A year from now, menthol tobacco products could be gone from convenience store shelves in Minneapolis.
A citywide limit on menthol tobacco sales is closer to becoming city policy, after a City Council committee on Wednesday approved restricting sales to adult-only tobacco shops and liquor stores. Pending approval from the full council on Friday, the restriction will take effect Aug. 1, 2018.
The ordinance is an effort to curb access to a product that historically has been marketed to black smokers and that anti-smoking advocates say makes it easier for young people to start smoking.

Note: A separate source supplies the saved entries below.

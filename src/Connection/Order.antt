-- ===== src/Connection/Order.antt =====
-- The order in which the machine passes events on: what a run of inputs makes the store apply.
use bokkie.Prelude.{suc, ◌≡◌, subst, true, Option, none, some, List, [], ◌∷◌, ◌++◌, arith}
use bokkie.Protocol.Events.{Seq}
use bokkie.Connection.Machine.{Input, Command, Connection, is_some}
use bokkie.Connection.Handle.{handle, run}

-- The sequence number may follow the position: a position that is not known admits any.
abbrev pub IsNext : Option Seq → Seq → Type 0
IsNext none s = Unit
IsNext (some n) s = s ≡ suc n

-- Each event applied is the next one of the log, but for the first after a reload.
abbrev pub InOrder : Option Seq → List Command → Type 0
InOrder p [] = Unit
InOrder p (Command.apply e ∷ cs) = IsNext p e.seq × InOrder (some e.seq) cs
InOrder p (Command.reload ∷ cs) = InOrder none cs
InOrder p (_ ∷ cs) = InOrder p cs

-- The position that commands leave.
abbrev pub position : Option Seq → List Command → Option Seq
position p [] = p
position p (Command.apply e ∷ cs) = position (some e.seq) cs
position p (Command.reload ∷ cs) = position none cs
position p (_ ∷ cs) = position p cs

abbrev pub Agrees : Option Seq → Option Seq → Type 0
Agrees none q = Unit
Agrees (some n) q = q ≡ some n

abbrev pub Known : Connection → Type 0
Known c = c.synced ≡ true → is_some c.last ≡ true

abbrev Kept : Connection → Connection × List Command → Type 0
Kept c r = InOrder c.last r.1 × Agrees (position c.last r.1) r.0.last × Known r.0

handle-Kept : (c : Connection) (input : Input) → Known c → Kept c (handle c input)
unfolding handle
handle-Kept c Input.start h = ground arith
handle-Kept c _ h = ground arith

InOrder-weaken : (p : Option Seq) (cs : List Command) → InOrder p cs → InOrder none cs
InOrder-weaken p [] h = tt
InOrder-weaken p (Command.apply e ∷ cs) h = (tt, h.1)
InOrder-weaken p (Command.reload ∷ cs) h = h
InOrder-weaken p (Command.connect ∷ cs) h = InOrder-weaken p cs h
InOrder-weaken p (_ ∷ cs) h = InOrder-weaken p cs h

InOrder-append :
    (p : Option Seq) (xs ys : List Command)
    → InOrder p xs
    → InOrder (position p xs) ys
    → InOrder p (xs ++ ys)
InOrder-append p [] ys hx hy = hy
InOrder-append p (Command.apply e ∷ xs) ys hx hy = (hx.0, InOrder-append (some e.seq) xs ys hx.1 hy)
InOrder-append p (Command.reload ∷ xs) ys hx hy = InOrder-append none xs ys hx hy
InOrder-append p (Command.connect ∷ xs) ys hx hy = InOrder-append p xs ys hx hy
InOrder-append p (_ ∷ xs) ys hx hy = InOrder-append p xs ys hx hy

InOrder-Agrees : (p q : Option Seq) (cs : List Command) → Agrees p q → InOrder q cs → InOrder p cs
InOrder-Agrees none q cs a h = InOrder-weaken q cs h
InOrder-Agrees (some n) q cs a h = subst (λ r. InOrder r cs) a h

-- From a machine that knows its position once it has synced, any inputs at all make the store apply
-- events one sequence number after another, from the machine's own position on: none is repeated and
-- none is skipped, except that a reload of the snapshots may stand between two of them.
pub run-InOrder : (c : Connection) (inputs : List Input) → Known c → InOrder c.last (run c inputs).1
unfolding run
run-InOrder c [] h = tt
run-InOrder c (input ∷ inputs) h =
    let (c', commands) = handle c input in
    let kept = handle-Kept c input h in
    InOrder-append c.last commands (run c' inputs).1 kept.0 (
      InOrder-Agrees (position c.last commands) c'.last (run c' inputs).1 kept.1
        (run-InOrder c' inputs kept.2))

Menthol is a mint-flavored compound that produces a cooling sensation, masking the harshness of cigarette smoke.
"This is a small policy change that we can make that ensures that in 20 years, we don't have even more stark health disparities than we do today," said Council Member Lisa Bender, who co-authored the ordinance.
The proposal has drawn opposition and lobbying resources from retailers and tobacco companies, which have appealed to the community by predicting that an underground tobacco market will emerge and that menthol smokers — who are disproportionately black — will be criminalized.
Chicago and San Francisco have approved menthol tobacco restrictions, but they're relatively new, so the long-term effects are not clear.
In a letter to council members, advocates for restricting menthol — including DFL legislators Sen. Jeff Hayden and Rep. Ilhan Omar of Minneapolis and Rep. Rena Moran of St. Paul — said "the African American community is united behind the menthol restriction."
"Our community has been relentlessly targeted by the tobacco industry with menthol cigarette marketing for decades," the letter said. "It is time for us to break this cycle for the next generation."